Article 6 Factors related to fair and reasonable use  

     1. The use of an international watercourse in a fair and reasonable manner within the meaning of article 5 requires consideration of all relevant factors and circumstances, including:

     a) Geographical, hydrographic, hydrological, climatic, ecological and other natural factors;

     (b) The socio-economic needs of the respective watercourse States;

     (c) The dependence of the population on the watercourse in each watercourse State;

     (d) The impact of one or more uses of a watercourse in one watercourse State on other watercourse States;

     (e) Existing and potential uses of the watercourse;

     (f) Conservation, protection, development and cost-effectiveness of the watercourse's water resources and the costs of taking measures for these purposes;

     (g) Availability of alternatives to a given planned or existing use of comparable value.

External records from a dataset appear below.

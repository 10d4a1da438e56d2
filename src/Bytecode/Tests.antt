-- ===== src/Bytecode/Tests.antt =====
-- Runs of the binary form, and the round trip at a bytecode with a nested code constant.
use saffire.Prelude.{
  ◌≡◌, refl, [], ◌∷◌, ◌++◌, take, le_bytes, le_value, ok, fatal_error, undefined, unknown_constant,
  arith,
}
use saffire.Bytecode.{Bytecode, bytecode, no_constants, constant, string, numerical, code}
use saffire.Bytecode.Marshal.{Buffer, bytecode_marshal}
use saffire.Bytecode.Unmarshal.{
  bytecode_unmarshal, read_int, read_buffer, read_identifiers, read_constants, read_constant,
}
use saffire.Bytecode.Image.{image, at_end, marshal-image}
use saffire.Bytecode.RoundTrip.{IsWellFormed, nesting, unmarshal-marshal}

abbrev child : Bytecode
child = bytecode 42 (0x73 ∷ []) ((b's' ∷ []) ∷ []) no_constants 1 []

abbrev parent : Bytecode
parent =
    bytecode 42 (0x81 ∷ 0 ∷ 0 ∷ 0x73 ∷ []) []
      (constant (numerical 7) (constant (code child) (constant (string (b'x' ∷ [])) no_constants)))
      1 (2 ∷ [])

abbrev empty_buffer : Buffer
empty_buffer = record { bytes = []; off = 0 }

parent-IsWellFormed : IsWellFormed parent
unfolding IsWellFormed image le_bytes
parent-IsWellFormed = (
  omega arith,
  omega arith,
  omega arith,
  tt,
  omega arith,
  (
    omega arith,
    (
      (
        (
          omega arith,
          omega arith,
          omega arith,
          ((omega arith, (omega arith, tt)), tt),
          omega arith,
          tt,
          omega arith,
          omega arith,
        ),
        omega arith,
      ),
      (omega arith, tt),
    ),
  ),
  omega arith,
  omega arith,
)

unmarshal-marshal_example :
    bytecode_unmarshal (nesting parent) ((bytecode_marshal parent empty_buffer).bytes ++ 9 ∷ [])
    ≡ ok parent
unmarshal-marshal_example = unmarshal-marshal parent (9 ∷ []) parent-IsWellFormed

-- Into a buffer with a stale tail.
abbrev stale : Buffer
stale = record { bytes = 1 ∷ 2 ∷ 3 ∷ 4 ∷ []; off = 2 }

marshal-image_example : bytecode_marshal parent stale ≡ at_end (take 2 stale.bytes ++ image parent)
unfolding image le_bytes
marshal-image_example = marshal-image parent stale (omega arith) (omega arith)

-- A constant type that nobody writes ends the process, and a cut stream is read past its end.
bad_type :
    bytecode_unmarshal 1
      (42 ∷ 0 ∷ 0 ∷ 0 ∷ 0 ∷ 0 ∷ 0 ∷ 0 ∷ 0 ∷ 0 ∷ 0 ∷ 0 ∷ 1 ∷ 0 ∷ 0 ∷ 0 ∷ 9 ∷ 0 ∷ 0 ∷ 0 ∷ 0 ∷ [])
    ≡ fatal_error unknown_constant
unfolding bytecode_unmarshal read_int read_buffer read_identifiers read_constants read_constant
    le_value
bad_type = refl

cut_stream : bytecode_unmarshal 1 (42 ∷ 0 ∷ 0 ∷ 0 ∷ 5 ∷ 0 ∷ 0 ∷ 0 ∷ 1 ∷ []) ≡ undefined
unfolding bytecode_unmarshal read_int read_buffer le_value
cut_stream = refl
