-- ===== src/Compiler.antt =====
-- The compiler of src/components/compiler/ast_to_asm.c: its input, from
-- src/include/compiler/ast_nodes.h.
pub mod Names
pub mod Numbers
pub mod Hits
pub mod Bands
pub mod State
pub mod Simple
pub mod Branches
pub mod Classes
pub mod Walk
pub mod Moves
pub mod BlockMoves
pub mod Effects
pub mod JumpEffects
pub mod ClassEffects
pub mod SwitchCount
pub mod Stacks
pub mod Uses
pub mod Opens
pub mod Steps
pub mod SimpleLabels
pub mod ClassLabels
pub mod JumpLabels
pub mod Clauses
pub mod Labels
pub mod MissingLabels
pub mod Assembles
pub mod CodeConstants
pub mod Ranks
pub mod Pipeline
mod Tests
mod PipelineTests
use saffire.Prelude.{ℕ, Option, Text}

-- The operators of `typeAstOperator` and of assignments, and of `typeAstComparison`.
pub data Arith : Type 0 where
  plus minus times divide modulo bit_and_op bit_or_op bit_xor_op shift_left shift_right : Arith
  no_arith : Arith

pub data Comparison : Type 0 where
  eq_op ne_op gt_op lt_op ge_op le_op re_op nre_op in_op : Comparison

pub data Logic : Type 0 where
  and_op or_op : Logic

-- The operators of an `oprNode` that the grammar builds and the walker does not know: `T_LOGICAL`,
-- `|`, `^`, `&`, and the `T_PROPERTY` of an interface.
pub data Unknown : Type 0 where
  logical_unary bit_or_sign bit_xor_sign bit_and_sign interface_property : Unknown

-- `t_ast_element`, with the shapes that the grammar gives the operands of an `oprNode`. Most nodes
-- start with their line number.
mutual
  pub data Ast : Type 0 where
    string_node regex_node identifier_node : (lineno : ℕ) → Text → Ast
    numerical_node : (lineno value : ℕ) → Ast
    null_node : (lineno : ℕ) → Ast
    nop_node : Ast
    property_node : (lineno : ℕ) → (class : Ast) → (property : Text) → Ast
    operator_node : (lineno : ℕ) → Arith → (l r : Ast) → Ast
    comparison_node : (lineno : ℕ) → Comparison → (l r : Ast) → Ast
    assignment_node : (lineno : ℕ) → Option Arith → (l r : Ast) → Ast
    bool_node : (lineno : ℕ) → Logic → (l r : Ast) → Ast
    class_node :
        (lineno modifiers : ℕ) → Text → (extends : Ast) → (implements : Nodes) → (body : Ast) → Ast
    interface_node : (lineno modifiers : ℕ) → Text → (implements : Nodes) → (body : Ast) → Ast
    attribute_node : (lineno visibility access : ℕ) → Text → Attribute → Ast
    group_node : Nodes → Ast
    tuple_node : (lineno : ℕ) → Nodes → Ast
    program_node : (imports statements : Ast) → Ast
    import_node : (lineno : ℕ) → (class : Ast) → (alias : Text) → (context : Ast) → Ast
    argument_list : Nodes → Ast
    return_node throw_node : (lineno : ℕ) → Ast → Ast
    if_node ternary_node : (lineno : ℕ) → (test body : Ast) → Else → Ast
    break_node breakelse_node continue_node : (lineno : ℕ) → Ast
    do_node : (lineno : ℕ) → (body test : Ast) → Ast
    while_node : (lineno : ℕ) → (test body : Ast) → Else → Ast
    for_node : (lineno : ℕ) → (init test incdec body : Ast) → Ast
    foreach_node : (lineno : ℕ) → (over body key value meta : Ast) → Else → Ast
    call_node : (lineno : ℕ) → (callable : Ast) → (arguments : Nodes) → Ast
    datastruct_node : (lineno : ℕ) → (class : Ast) → Rows → Ast
    subscript_node : (lineno : ℕ) → (of : Ast) → Nodes → Ast
    goto_node label_node : (lineno : ℕ) → Text → Ast
    goto_number label_number : (lineno value : ℕ) → Ast
    unknown_node : (lineno : ℕ) → Unknown → Nodes → Ast
    try_node : (lineno : ℕ) → (body : Ast) → Catches → (finally : Ast) → Ast
    switch_node : (lineno : ℕ) → Ast → Cases → Ast
    coalesce_node : (lineno : ℕ) → (l r : Ast) → Ast

  pub data Nodes : Type 0 where
    no_nodes : Nodes
    more_nodes : Ast → Nodes → Nodes

  pub data Rows : Type 0 where
    no_rows : Rows
    more_rows : Nodes → Rows → Rows

  -- The third operand that some statements have.
  pub data Else : Type 0 where
    no_else : Else
    an_else : Ast → Else

  pub data Attribute : Type 0 where
    method : Arguments → (flags : ℕ) → (body : Ast) → Attribute
    constant property : Ast → Attribute

  pub data Arguments : Type 0 where
    no_arguments : Arguments
    more_arguments : (hint name value : Ast) → Arguments → Arguments

  pub data Catches : Type 0 where
    no_catches : Catches
    more_catches : (exception identifier : Text) → (body : Ast) → Catches → Catches

  pub data Cases : Type 0 where
    no_cases : Cases
    a_case : (lineno : ℕ) → (value body : Ast) → Cases → Cases
    a_default : (body : Ast) → Cases → Cases
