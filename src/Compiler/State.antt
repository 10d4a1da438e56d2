-- ===== src/Compiler/State.antt =====
-- The state of `__ast_walker` of src/components/compiler/ast_to_asm.c, and the steps it is made of.
use saffire.Prelude.{
  ℕ, zero, suc, ◌+◌, ◌-◌, Option, none, some, List, [], ◌∷◌, ◌++◌, Text, Run, ok, undefined,
  fatal_error, ◌>>=◌, pop_from_empty_stack, no_loop_block, replicate, get_elem?, set,
}
use saffire.Asm.{op_label, Line, code_line}

-- `t_state_frame`. A label is `none` until it is written; the blocks that are read are all loops.
pub record BlockState : Type 0 where
  pub label : Option Text
  pub labels : List Text

-- `t_state`, with the frame that is written, the frames that are finished below it, and the count of
-- open multi-assignments. Stacks have their top first.
pub record State : Type 0 where
  pub lines : List Line
  pub output : List (Text × List Line)
  pub context : List ℕ
  pub type_ : List ℕ
  pub side : List ℕ
  pub call_state : List ℕ
  pub attributes : ℕ
  pub loop_cnt : ℕ
  pub block_cnt : ℕ
  pub blocks : List BlockState
  pub multi_assignment : ℕ

abbrev pub block_max_depth : ℕ
block_max_depth = 20

-- `_ast_state_init`, with an empty frame.
unfoldable pub state_init : ℕ → State
state_init multi_assignment = record {
  lines = [];
  output = [];
  context = [];
  type_ = [];
  side = [];
  call_state = [];
  attributes = 0;
  loop_cnt = 0;
  block_cnt = 0;
  blocks = replicate block_max_depth (record { label = none; labels = [] });
  multi_assignment = multi_assignment;
}

-- What one part of the walker does.
abbrev pub Walk : Type 0
Walk = State → Run State

infixr 5 ◌⨾◌
unfoldable pub ◌⨾◌ : Walk → Walk → Walk
(a ⨾ b) s = a s >>= b

unfoldable pub skip : Walk
skip s = ok s

-- `dll_append(frame, asm_create_codeline(...))` and `dll_append(frame, asm_create_labelline(...))`
unfoldable pub emit : Line → Walk
emit l s = ok (record s { lines = s.lines ++ l ∷ [] })

-- The values of the enumerations.
abbrev pub ctx_load : ℕ
ctx_load = 0

abbrev pub ctx_store : ℕ
ctx_store = 1

abbrev pub type_id : ℕ
type_id = 0

abbrev pub type_const : ℕ
type_const = 1

abbrev pub side_left : ℕ
side_left = 0

abbrev pub side_right : ℕ
side_right = 1

abbrev pub call_pop : ℕ
call_pop = 0

abbrev pub call_stay : ℕ
call_stay = 1

-- `stack_peek`, which gives `NULL` for an empty stack.
abbrev pub peek : List ℕ → ℕ
peek [] = 0
peek (x ∷ xs) = x

unfoldable pub pop_stack : List ℕ → Run (List ℕ)
pop_stack [] = fatal_error pop_from_empty_stack
pop_stack (x ∷ xs) = ok xs

-- A push, a walk and a pop.
unfoldable pub in_context : ℕ → Walk → Walk
in_context c w s = do
  s₁ ← w (record s { context = c ∷ s.context })
  rest ← pop_stack s₁.context
  ok (record s₁ { context = rest })

unfoldable pub in_type : ℕ → Walk → Walk
in_type c w s = do
  s₁ ← w (record s { type_ = c ∷ s.type_ })
  rest ← pop_stack s₁.type_
  ok (record s₁ { type_ = rest })

unfoldable pub in_side : ℕ → Walk → Walk
in_side c w s = do
  s₁ ← w (record s { side = c ∷ s.side })
  rest ← pop_stack s₁.side
  ok (record s₁ { side = rest })

unfoldable pub in_call : ℕ → Walk → Walk
in_call c w s = do
  s₁ ← w (record s { call_state = c ∷ s.call_state })
  rest ← pop_stack s₁.call_state
  ok (record s₁ { call_state = rest })

-- `state->loop_cnt++; clc = state->loop_cnt;`
unfoldable pub numbered : (ℕ → Walk) → Walk
numbered k s = k (s.loop_cnt + 1) (record s { loop_cnt = s.loop_cnt + 1 })

-- A loop takes the next block. Its label is written, but for a switch, which leaves it as it is.
unfoldable pub block_label : Option Text → Option Text → Option Text
block_label none old = old
block_label (some l) old = some l

unfoldable pub enter_loop : Option Text → Walk
enter_loop l s = elim (get_elem? s.blocks s.block_cnt) [
  | none ↦ undefined
  | some b ↦ ok (record s {
    blocks = set s.blocks s.block_cnt (record { label = block_label l b.label; labels = [] });
    block_cnt = s.block_cnt + 1;
  })
]

unfoldable pub leave_loop : Walk
leave_loop s = ok (record s { block_cnt = s.block_cnt - 1 })

-- The label of the innermost loop: every block is a loop, so it is the first that is found.
unfoldable pub written : Option Text → Run Text
written none = undefined
written (some l) = ok l

unfoldable pub loop_label : List BlockState → ℕ → Run Text
loop_label blocks zero = fatal_error no_loop_block
loop_label blocks (suc i) = elim (get_elem? blocks i) [
  | none ↦ undefined
  | some b ↦ written b.label
]

-- The `continue` statement, by its opcode.
unfoldable pub continue_loop : ℕ → ℕ → Walk
continue_loop opcode lineno s = do
  l ← loop_label s.blocks s.block_cnt
  emit (code_line lineno opcode (op_label l ∷ [])) s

     2. In applying article 5 or paragraph 1 of this article, the watercourse States concerned shall, if necessary, enter into consultations in a spirit of cooperation.

     3. The importance to be given to each factor is to be determined depending on its importance in comparison with other relevant factors. In determining what constitutes reasonable and fair use, all relevant factors should be considered together and a conclusion should be reached based on all factors.

Article 7 Obligation not to cause significant damage  

     1. Watercourse States, when using an international watercourse on their territory, shall take all appropriate measures to prevent significant damage to other watercourse States.

2. In the event that significant damage is nevertheless caused to another watercourse State, the State that causes such damage by its use, in the absence of an agreement on such use, shall take all appropriate measures, with due regard to the provisions of articles 5 and 6, in consultation with the injured State, to eliminate or reduce such damage and, if necessary, to discuss the issue of compensation.

Article 8 General obligation to cooperate  

     1. Watercourse States shall cooperate on the basis of sovereign equality, territorial integrity, mutual benefit and good faith in order to achieve optimal use and adequate protection of the international watercourse.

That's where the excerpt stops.